• _PROBLEM REQUIREMENTS_
Across the entries below, please work out how many lines contain the string "cancelled" and give only the number.

• _INFORMATION PROVIDED_
Content starts

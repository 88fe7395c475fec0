-- ===== src/ExchangeSim.antt =====
-- crates/exchange-sim/src/lib.rs: the paper broker, which fills orders at the marks that it is given.
-- An error is a value in place of its text, and no lock is poisoned.
pub mod Calls
pub mod Ended
pub mod OrderIds
use insider_trader.Prelude.{
  ℕ, ◌==◌, ℤ, pos, ◌+ℤ◌, neg, leb_ℤ, eqb_ℤ, add_i64, Bool, true, false, ◌&&◌, not, Option, none,
  some, List, [], ◌∷◌, ◌++◌, is_some, is_some_and, unwrap_or, if◌then◌else◌, saturating_add_u64,
  Text, codes, decimal, in_i64, map, ◌^◌, ◌-◌, Result, ok, err,
}
use insider_trader.Maps.{Map, text_key, nat_key, get, insert, remove}
use insider_trader.Broker.{
  Side, OrderType, OrderIntent, BrokerEvent, BrokerOrderSnapshot, BrokerPositionSnapshot,
  BrokerSnapshot,
}

pub data SimError : Type 0 where
  unknown_price invalid_quantity unsupported_order not_working missing_intent position_overflow :
      SimError
  duplicate : BrokerEvent → SimError

pub record PaperBroker : Type 0 where
  pub prices : Map ℕ ℤ
  pub events : List BrokerEvent
  pub seen : Map Text BrokerEvent
  pub accepted : Map Text OrderIntent
  pub resting : Map Text OrderIntent
  pub next_order_id : ℕ

abbrev pub new_broker : PaperBroker
new_broker = record {
  prices = [];
  events = [];
  seen = [];
  accepted = [];
  resting = [];
  next_order_id = 1;
}

-- Whether a limit order would trade at a price.
abbrev pub crosses : OrderIntent → ℤ → Bool
crosses intent price =
    is_some_and intent.limit_price_ticks
      (λ limit. elim intent.side [ Side.buy ↦ leb_ℤ price limit | Side.sell ↦ leb_ℤ limit price ])

unfoldable pub candidates : Map Text OrderIntent → ℕ → ℤ → List Text
candidates [] instrument price = []
candidates ((id, intent) ∷ m) instrument price =
    let rest = candidates m instrument price in
    if (intent.instrument_id == instrument) && crosses intent price then id ∷ rest else rest

-- An order that rests, filled as a whole.
abbrev pub fill_resting : PaperBroker → Text → ℤ → Option OrderIntent → PaperBroker
fill_resting b id price none = b
fill_resting b id price (some intent) =
    let filled = BrokerEvent.filled id intent.quantity_ticks price in
    record b {
      events = b.events ++ (filled ∷ []);
      seen = insert id filled b.seen;
      resting = remove id b.resting;
    }

unfoldable pub fill_each : PaperBroker → ℤ → List Text → PaperBroker
fill_each b price [] = b
fill_each b price (id ∷ ids) = fill_each (fill_resting b id price (get id b.resting)) price ids

unfoldable pub match_resting : PaperBroker → ℕ → ℤ → PaperBroker
match_resting b instrument price = fill_each b price (candidates b.resting instrument price)

unfoldable pub set_price : PaperBroker → ℕ → ℤ → Result SimError (Unit {0}) × PaperBroker
set_price b instrument price = if leb_ℤ price (pos 0) then (err unknown_price, b) else (
  ok tt,
  match_resting (record b { prices = insert instrument price b.prices }) instrument price,
)

abbrev pub drain_events : PaperBroker → List BrokerEvent × PaperBroker
drain_events b = (b.events, record b { events = [] })

unfoldable pub paper_id : ℕ → Text
paper_id n = codes "paper-" ++ decimal n

abbrev pub is_marketable : OrderIntent → ℤ → Bool
is_marketable intent price = elim intent.order_type [
  | OrderType.market ↦ true
  | OrderType.limit ↦ crosses intent price
]

-- The intent is taken in and acknowledged. The next number is counted up before the state that a
-- resting order is reported in is written, with the number that it has then.
unfoldable pub accept_order : PaperBroker → OrderIntent → ℤ → PaperBroker
accept_order b intent price =
    let id = intent.client_order_id in
    let next = saturating_add_u64 b.next_order_id 1 in
    let acknowledged = BrokerEvent.acknowledged id (paper_id b.next_order_id) in
    let filled = BrokerEvent.filled id intent.quantity_ticks price in
    let taken : PaperBroker = record b {
      accepted = insert id intent b.accepted;
      next_order_id = next;
      events = b.events ++ (acknowledged ∷ []);
    } in
    if is_marketable intent price
    then record taken { seen = insert id filled b.seen; events = taken.events ++ (filled ∷ []) }
    else record taken {
      seen = insert id (BrokerEvent.acknowledged id (paper_id next)) b.seen;
      resting = insert id intent b.resting;
    }

abbrev pub send_at :
    PaperBroker
    → OrderIntent
    → Option ℤ
    → Option BrokerEvent
    → Result SimError (Unit {0}) × PaperBroker
send_at b intent none event = (err unknown_price, b)
send_at b intent (some price) (some event) = (err (duplicate event), b)
send_at b intent (some price) none = (ok tt, accept_order b intent price)

unfoldable pub send : PaperBroker → OrderIntent → Result SimError (Unit {0}) × PaperBroker
send b intent =
    if leb_ℤ intent.quantity_ticks (pos 0)
    then (err invalid_quantity, b)
    else send_at b intent (get intent.instrument_id b.prices) (get intent.client_order_id b.seen)

abbrev pub reconcile : PaperBroker → Text → Option BrokerEvent
reconcile b id = get id b.seen

abbrev pub cancel_resting :
    PaperBroker → Text → Option OrderIntent → Result SimError (Unit {0}) × PaperBroker
cancel_resting b id none = (err not_working, b)
cancel_resting b id (some intent) =
    let event = BrokerEvent.cancelled id in
    (
      ok tt,
      record b {
        resting = remove id b.resting;
        seen = insert id event b.seen;
        events = b.events ++ (event ∷ []);
      },
    )

unfoldable pub cancel : PaperBroker → Text → Result SimError (Unit {0}) × PaperBroker
cancel b id = cancel_resting b id (get id b.resting)

abbrev pub needs_limit : OrderIntent → Option ℤ → Bool
needs_limit intent limit = elim intent.order_type [
  | OrderType.limit ↦ not (is_some limit)
  | OrderType.market ↦ false
]

abbrev pub replace_resting :
    PaperBroker
    → Text
    → ℤ
    → Option ℤ
    → Option OrderIntent
    → Result SimError (Unit {0}) × PaperBroker
replace_resting b id quantity limit none = (err not_working, b)
replace_resting b id quantity limit (some intent) =
    if needs_limit intent limit then (err unsupported_order, b) else (
      ok tt,
      record b {
        resting =
            insert id (record intent { quantity_ticks = quantity; limit_price_ticks = limit })
              b.resting;
      },
    )

unfoldable pub replace :
    PaperBroker → Text → ℤ → Option ℤ → Result SimError (Unit {0}) × PaperBroker
replace b id quantity limit =
    if leb_ℤ quantity (pos 0)
    then (err invalid_quantity, b)
    else replace_resting b id quantity limit (get id b.resting)

-- `i64::saturating_neg`.
abbrev pub saturating_neg_i64 : ℤ → ℤ
saturating_neg_i64 a = if in_i64 (neg a) then neg a else pos (2 ^ 63 - 1)

abbrev pub signed_quantity : OrderIntent → ℤ → ℤ
signed_quantity intent quantity = elim intent.side [
  | Side.buy ↦ quantity
  | Side.sell ↦ saturating_neg_i64 quantity
]

-- The quantities by instrument that the fills among the reported events add up to.
unfoldable pub quantities_of :
    Map Text BrokerEvent → Map Text OrderIntent → Map ℕ ℤ → Result SimError (Map ℕ ℤ)
quantities_of [] accepted quantities = ok quantities
quantities_of ((id, BrokerEvent.filled j quantity price) ∷ m) accepted quantities =
    elim (get id accepted) [
      | none ↦ err missing_intent
      | some intent ↦
          elim (add_i64 (unwrap_or (get intent.instrument_id quantities) (pos 0))
            (signed_quantity intent quantity)) [
              | none ↦ err position_overflow
              | some total ↦ quantities_of m accepted (insert intent.instrument_id total quantities)
            ]
    ]
quantities_of ((id, BrokerEvent.acknowledged j broker_id) ∷ m) accepted quantities =
    quantities_of m accepted quantities
quantities_of ((id, BrokerEvent.rejected j reason) ∷ m) accepted quantities =
    quantities_of m accepted quantities
quantities_of ((id, BrokerEvent.cancelled j) ∷ m) accepted quantities =
    quantities_of m accepted quantities

unfoldable pub positions_of : Map ℕ ℤ → List BrokerPositionSnapshot
positions_of [] = []
positions_of ((instrument, quantity) ∷ m) =
    let rest = positions_of m in
    if eqb_ℤ quantity (pos 0)
    then rest
    else record { instrument_id = instrument; quantity_ticks = quantity } ∷ rest

abbrev pub filled_quantity : BrokerEvent → Option ℤ
filled_quantity (BrokerEvent.filled id quantity price) = some quantity
filled_quantity (BrokerEvent.acknowledged id broker_id) = none
filled_quantity (BrokerEvent.rejected id reason) = none
filled_quantity (BrokerEvent.cancelled id) = none

abbrev pub order_snapshot : Text × BrokerEvent → BrokerOrderSnapshot
order_snapshot (id, event) = record {
  client_order_id = id;
  event = event;
  filled_quantity_ticks = filled_quantity event;
}

unfoldable pub snapshot : PaperBroker → Result SimError BrokerSnapshot
snapshot b = elim (quantities_of b.seen b.accepted []) [
  | err e ↦ err e
  | ok quantities ↦ ok (record {
    orders = map order_snapshot b.seen;
    positions = positions_of quantities;
    account_values = [];
  })
]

Content ends

• _EXERCISE RESULT_
3